Mathématiquement, c'est imparable, on trouve d'ailleurs des dizaines d'études parfaitement bien documentées et chiffrées pour expliquer tout ça.
Mais l'agriculture bio, c'est d'abord et avant tout l'association de cultures, et la sélection de la semence la plus adaptée au contexte, au lieu d'adapter l'environnement à la semence. Les cultures multiples comme les trois sœurs ont des rendements à l'hectare imbattables, mais qui ne correspondent à rien en agriculture conventionnelle car ce n'est pas mécanisable. Dès lors, les maths seules ne suffisent plus à déterminer ce qui est le meilleur pour l'Homme et/ou la planète. Il faut nécessaire en passer par la politique, au sens noble du terme c'est-à-dire l'organisation de la société que l'on souhaite.

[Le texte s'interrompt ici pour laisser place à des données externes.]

-- ===== src/ThreadPool/Examples.antt =====
-- A pool of two workers; tasks are numbers.
use protoactor_cpp.Base.{ℕ, ◌≤◌, ◌≡◌, ◌↔◌, refl, true, false, some, List, [], ◌∷◌, any, All}
use protoactor_cpp.ThreadPool.{
  Pool, Move, submits, shuts_down, steps, new_workers, new_pool, submit, shutdown, worker_step,
  take_task, play,
}
use protoactor_cpp.ThreadPool.Drain.{has_exited, exited_drained}
use protoactor_cpp.ThreadPool.Joins.{productive_moves, remaining, returned, joins_end}

-- Two tasks, a shutdown, a task too late, and the workers up to the return of the first.
abbrev moves : List (Move ℕ)
moves =
    submits (some 5)
    ∷ submits (some 6)
    ∷ steps 0
    ∷ shuts_down
    ∷ submits (some 7)
    ∷ steps 1
    ∷ steps 0
    ∷ steps 0
    ∷ []

ran_taken : (play (new_pool 8 2) moves).taken ≡ 5 ∷ 6 ∷ []
unfolding play new_pool new_workers submit shutdown worker_step take_task
ran_taken = refl

ran_exited : any has_exited (play (new_pool 8 2) moves).workers ≡ true
unfolding play new_pool new_workers submit shutdown worker_step take_task
ran_exited = refl

ran_kept : (play (new_pool 8 2) moves).stop_now ≡ false
unfolding play new_pool new_workers submit shutdown worker_step take_task
ran_kept = refl

exited_drained_example : (play (new_pool 8 2) moves).taken ≡ (play (new_pool 8 2) moves).accepted
exited_drained_example = exited_drained 8 2 moves ran_exited ran_kept

abbrev stopped : Pool ℕ
stopped = shutdown (submit (new_pool 8 2) (some 5))

stopped_stop : stopped.stop ≡ true
unfolding new_pool submit shutdown
stopped_stop = refl

abbrev to_the_end : List (Move ℕ)
to_the_end = steps 0 ∷ steps 1 ∷ steps 0 ∷ steps 0 ∷ []

joins_end_example :
    (productive_moves stopped to_the_end ≤ remaining stopped)
    × ((productive_moves stopped to_the_end ≡ remaining stopped) ↔ (
        All (λ w. returned w ≡ true) (play stopped to_the_end).workers
        × ((play stopped to_the_end).queue ≡ [])))
joins_end_example = joins_end stopped to_the_end stopped_stop
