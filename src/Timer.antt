-- ===== src/Timer.antt =====
-- src/scheduler/timer.cpp: the timers of TimerScheduler, as the steps of the timer's thread and of the
-- call of its cancel function, interleaved in any way. A message that is sent, by Send or by Request,
-- is counted; a sleep ends at some later step of the thread. One call of the cancel function is
-- modelled: a second one, which returns without a join, is not.
pub mod Cancelling
mod Examples
use protoactor_cpp.Base.{
  ℕ, suc, ◌+◌, Bool, true, false, not, ◌&&◌, List, [], ◌∷◌, eqb, if◌then◌else◌,
}

-- The thread of SendOnce and RequestOnce: before it loads `cancelled`, between that and the message,
-- and after.
pub data OncePhase : Type 0 where
  sleeping about_to_send once_ended : OncePhase

-- A cancel call that has stored its flag and is in join, or has returned.
pub data CancelCall : Type 0 where
  not_called exchanged joining returned : CancelCall

pub record OnceTimer : Type 0 where
  pub cancelled : Bool
  pub phase : OncePhase
  pub call : CancelCall
  pub sent : ℕ

pub data Move : Type 0 where
  -- The thread, and the cancel call: its next step.
  thread cancel : Move
  -- The store that makes a repeated timer ready.
  ready : Move

unfoldable pub new_once : OnceTimer
new_once = record { cancelled = false; phase = sleeping; call = not_called; sent = 0 }

abbrev after_load : Bool → OncePhase
after_load true = once_ended
after_load false = about_to_send

abbrev once_thread : OnceTimer → OncePhase → OnceTimer
once_thread t sleeping = record t { phase = after_load t.cancelled }
once_thread t about_to_send = record t { phase = once_ended; sent = t.sent + 1 }
once_thread t once_ended = t

-- join returns when the thread has ended.
abbrev once_cancel : OnceTimer → CancelCall → OncePhase → OnceTimer
once_cancel t not_called phase = record t { cancelled = true; call = joining }
once_cancel t joining once_ended = record t { call = returned }
once_cancel t call phase = t

unfoldable pub once_step : OnceTimer → Move → OnceTimer
once_step t thread = once_thread t t.phase
once_step t cancel = once_cancel t t.call t.phase
once_step t ready = t

unfoldable pub once_run : OnceTimer → List Move → OnceTimer
unfolding once_step
once_run t [] = t
once_run t (m ∷ ms) = once_run (once_step t m) ms

-- The thread of SendRepeatedly and RequestRepeatedly: it waits for `state` to be other than 0, tests
-- it, sleeps, and then loops: it loads `cancelled`, loads `state`, sends and sleeps.
pub data Phase : Type 0 where
  waiting tests_ready initial_sleep at_cancelled at_state at_send ended : Phase

pub record RepeatedTimer : Type 0 where
  pub cancelled : Bool
  pub state : ℕ
  pub phase : Phase
  pub call : CancelCall
  pub sent : ℕ

unfoldable pub new_repeated : RepeatedTimer
new_repeated = record { cancelled = false; state = 0; phase = waiting; call = not_called; sent = 0 }

abbrev repeated_thread : RepeatedTimer → Phase → RepeatedTimer
repeated_thread t waiting = record t { phase = if eqb t.state 0 then waiting else tests_ready }
repeated_thread t tests_ready = record t { phase = if eqb t.state 2 then ended else initial_sleep }
repeated_thread t initial_sleep = record t { phase = at_cancelled }
repeated_thread t at_cancelled = record t { phase = if t.cancelled then ended else at_state }
repeated_thread t at_state = record t { phase = if eqb t.state 2 then ended else at_send }
repeated_thread t at_send = record t { phase = at_cancelled; sent = t.sent + 1 }
repeated_thread t ended = t

-- The exchange of `state`, the store of `cancelled`, the join. The timer is handed out ready, so that
-- no cancel call comes before.
abbrev repeated_cancel : RepeatedTimer → CancelCall → Phase → RepeatedTimer
repeated_cancel t not_called phase =
    if eqb t.state 1 then record t { state = 2; call = exchanged } else t
repeated_cancel t exchanged phase = record t { cancelled = true; call = joining }
repeated_cancel t joining ended = record t { call = returned }
repeated_cancel t call phase = t

unfoldable pub repeated_step : RepeatedTimer → Move → RepeatedTimer
repeated_step t thread = repeated_thread t t.phase
repeated_step t cancel = repeated_cancel t t.call t.phase
repeated_step t ready = if eqb t.state 0 then record t { state = 1 } else t

unfoldable pub repeated_run : RepeatedTimer → List Move → RepeatedTimer
unfolding repeated_step
repeated_run t [] = t
repeated_run t (m ∷ ms) = repeated_run (repeated_step t m) ms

Les exemples sont nombreux de "réductionnisme" pour faire échapper à la politique des décisions importantes. Le recul de l'âge de la retraite se base ainsi sur des calculs contestables de l'espérance de vie (fortement influencée par la mortalité infantile, donc sans rapport avec l'âge de la retraite).

Il faut donc bien garder en tête qu'une démonstration scientifique ne suffit pas à déterminer le meilleur choix politique. C'est un élément de décision, bien sûr, mais loin, très loin d'être suffisant.